> Task brief: Reproduce exactly, and only, the lines below from the one containing "-- what is tested" through the one containing "(extend_values fs d q)".
··········
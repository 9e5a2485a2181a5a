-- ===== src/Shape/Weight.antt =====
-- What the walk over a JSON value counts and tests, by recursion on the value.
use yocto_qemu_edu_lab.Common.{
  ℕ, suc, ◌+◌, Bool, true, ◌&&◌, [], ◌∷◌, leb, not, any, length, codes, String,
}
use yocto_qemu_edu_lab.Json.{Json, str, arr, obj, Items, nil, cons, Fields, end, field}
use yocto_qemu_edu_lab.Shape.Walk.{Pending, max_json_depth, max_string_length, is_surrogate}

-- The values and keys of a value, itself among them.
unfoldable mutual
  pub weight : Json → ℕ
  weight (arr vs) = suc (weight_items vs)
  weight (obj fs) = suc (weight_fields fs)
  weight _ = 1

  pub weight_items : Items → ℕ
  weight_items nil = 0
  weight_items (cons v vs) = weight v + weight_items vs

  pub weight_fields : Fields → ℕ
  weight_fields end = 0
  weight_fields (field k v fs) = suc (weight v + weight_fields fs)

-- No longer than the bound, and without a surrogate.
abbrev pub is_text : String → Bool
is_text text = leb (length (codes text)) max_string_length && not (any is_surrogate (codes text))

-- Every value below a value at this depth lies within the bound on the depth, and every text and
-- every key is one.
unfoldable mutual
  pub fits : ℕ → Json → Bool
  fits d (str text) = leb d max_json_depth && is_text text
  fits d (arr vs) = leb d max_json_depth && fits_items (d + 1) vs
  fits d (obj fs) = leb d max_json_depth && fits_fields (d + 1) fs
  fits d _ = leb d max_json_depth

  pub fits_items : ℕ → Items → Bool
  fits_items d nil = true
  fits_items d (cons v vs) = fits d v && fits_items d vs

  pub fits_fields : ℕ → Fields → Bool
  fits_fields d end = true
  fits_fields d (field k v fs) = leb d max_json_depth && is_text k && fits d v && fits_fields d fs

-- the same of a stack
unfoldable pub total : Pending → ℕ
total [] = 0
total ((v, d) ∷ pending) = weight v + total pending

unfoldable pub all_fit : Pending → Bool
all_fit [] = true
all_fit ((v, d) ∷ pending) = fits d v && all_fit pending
··········
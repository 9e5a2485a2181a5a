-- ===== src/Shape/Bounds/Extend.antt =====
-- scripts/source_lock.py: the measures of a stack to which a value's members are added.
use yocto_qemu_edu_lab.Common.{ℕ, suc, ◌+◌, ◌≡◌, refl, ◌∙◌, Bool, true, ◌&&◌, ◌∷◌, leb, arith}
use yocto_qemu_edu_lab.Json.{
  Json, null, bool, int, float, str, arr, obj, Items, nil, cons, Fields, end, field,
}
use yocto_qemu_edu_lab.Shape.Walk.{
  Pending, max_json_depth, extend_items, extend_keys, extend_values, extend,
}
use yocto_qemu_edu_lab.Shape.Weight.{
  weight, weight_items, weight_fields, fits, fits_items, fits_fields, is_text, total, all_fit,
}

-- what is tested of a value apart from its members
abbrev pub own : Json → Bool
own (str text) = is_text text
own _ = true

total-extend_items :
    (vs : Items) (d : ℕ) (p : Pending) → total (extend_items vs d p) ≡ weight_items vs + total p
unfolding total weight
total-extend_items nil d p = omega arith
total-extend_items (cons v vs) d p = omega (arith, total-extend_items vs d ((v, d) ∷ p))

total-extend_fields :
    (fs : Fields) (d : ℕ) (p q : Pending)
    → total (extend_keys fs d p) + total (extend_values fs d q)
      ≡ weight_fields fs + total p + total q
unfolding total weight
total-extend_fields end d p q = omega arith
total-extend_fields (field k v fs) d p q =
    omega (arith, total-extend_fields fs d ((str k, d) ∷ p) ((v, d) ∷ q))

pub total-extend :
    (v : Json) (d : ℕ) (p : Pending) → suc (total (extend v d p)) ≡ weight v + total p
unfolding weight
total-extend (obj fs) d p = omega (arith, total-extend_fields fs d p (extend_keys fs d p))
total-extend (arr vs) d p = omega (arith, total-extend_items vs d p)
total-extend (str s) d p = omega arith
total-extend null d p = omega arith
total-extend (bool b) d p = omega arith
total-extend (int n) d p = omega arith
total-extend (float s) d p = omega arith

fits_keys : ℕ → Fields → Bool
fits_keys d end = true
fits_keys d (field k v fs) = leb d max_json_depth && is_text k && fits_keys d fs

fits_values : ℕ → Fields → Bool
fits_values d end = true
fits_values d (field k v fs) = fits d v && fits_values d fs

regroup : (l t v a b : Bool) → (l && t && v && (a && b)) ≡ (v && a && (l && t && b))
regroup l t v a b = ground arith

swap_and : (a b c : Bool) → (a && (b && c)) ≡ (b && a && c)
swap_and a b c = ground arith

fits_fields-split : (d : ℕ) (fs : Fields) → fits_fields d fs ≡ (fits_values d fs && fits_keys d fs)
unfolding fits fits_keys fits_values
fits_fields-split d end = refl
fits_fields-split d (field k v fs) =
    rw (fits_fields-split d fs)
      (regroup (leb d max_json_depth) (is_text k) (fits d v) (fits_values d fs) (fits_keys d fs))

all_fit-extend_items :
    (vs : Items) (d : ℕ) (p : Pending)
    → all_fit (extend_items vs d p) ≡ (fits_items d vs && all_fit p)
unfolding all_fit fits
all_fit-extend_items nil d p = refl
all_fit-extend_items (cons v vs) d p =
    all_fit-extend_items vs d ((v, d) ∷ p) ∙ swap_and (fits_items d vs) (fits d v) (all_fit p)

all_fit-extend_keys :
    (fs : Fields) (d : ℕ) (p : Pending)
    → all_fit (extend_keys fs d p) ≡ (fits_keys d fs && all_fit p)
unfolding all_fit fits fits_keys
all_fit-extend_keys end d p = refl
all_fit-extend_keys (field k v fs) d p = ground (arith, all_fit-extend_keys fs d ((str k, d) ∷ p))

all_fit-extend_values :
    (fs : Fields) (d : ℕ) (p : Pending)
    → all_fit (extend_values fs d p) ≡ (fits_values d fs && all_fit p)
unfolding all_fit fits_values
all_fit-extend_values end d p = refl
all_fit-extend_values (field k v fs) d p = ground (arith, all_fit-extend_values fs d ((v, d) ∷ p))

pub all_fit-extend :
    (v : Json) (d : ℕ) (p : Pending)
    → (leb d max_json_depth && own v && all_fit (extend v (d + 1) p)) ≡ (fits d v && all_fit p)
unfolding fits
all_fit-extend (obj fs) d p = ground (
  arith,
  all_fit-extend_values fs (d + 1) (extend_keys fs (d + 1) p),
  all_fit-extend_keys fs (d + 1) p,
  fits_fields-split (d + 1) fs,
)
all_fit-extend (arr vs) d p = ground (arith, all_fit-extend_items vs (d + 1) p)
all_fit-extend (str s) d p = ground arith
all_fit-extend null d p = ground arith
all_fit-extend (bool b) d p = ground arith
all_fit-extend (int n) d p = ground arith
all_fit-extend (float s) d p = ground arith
··········
> Solution to this task:
-- what is tested of a value apart from its members
abbrev pub own : Json → Bool
own (str text) = is_text text
own _ = true

total-extend_items :
    (vs : Items) (d : ℕ) (p : Pending) → total (extend_items vs d p) ≡ weight_items vs + total p
unfolding total weight
total-extend_items nil d p = omega arith
total-extend_items (cons v vs) d p = omega (arith, total-extend_items vs d ((v, d) ∷ p))

total-extend_fields :
    (fs : Fields) (d : ℕ) (p q : Pending)
    → total (extend_keys fs d p) + total (extend_values fs d q)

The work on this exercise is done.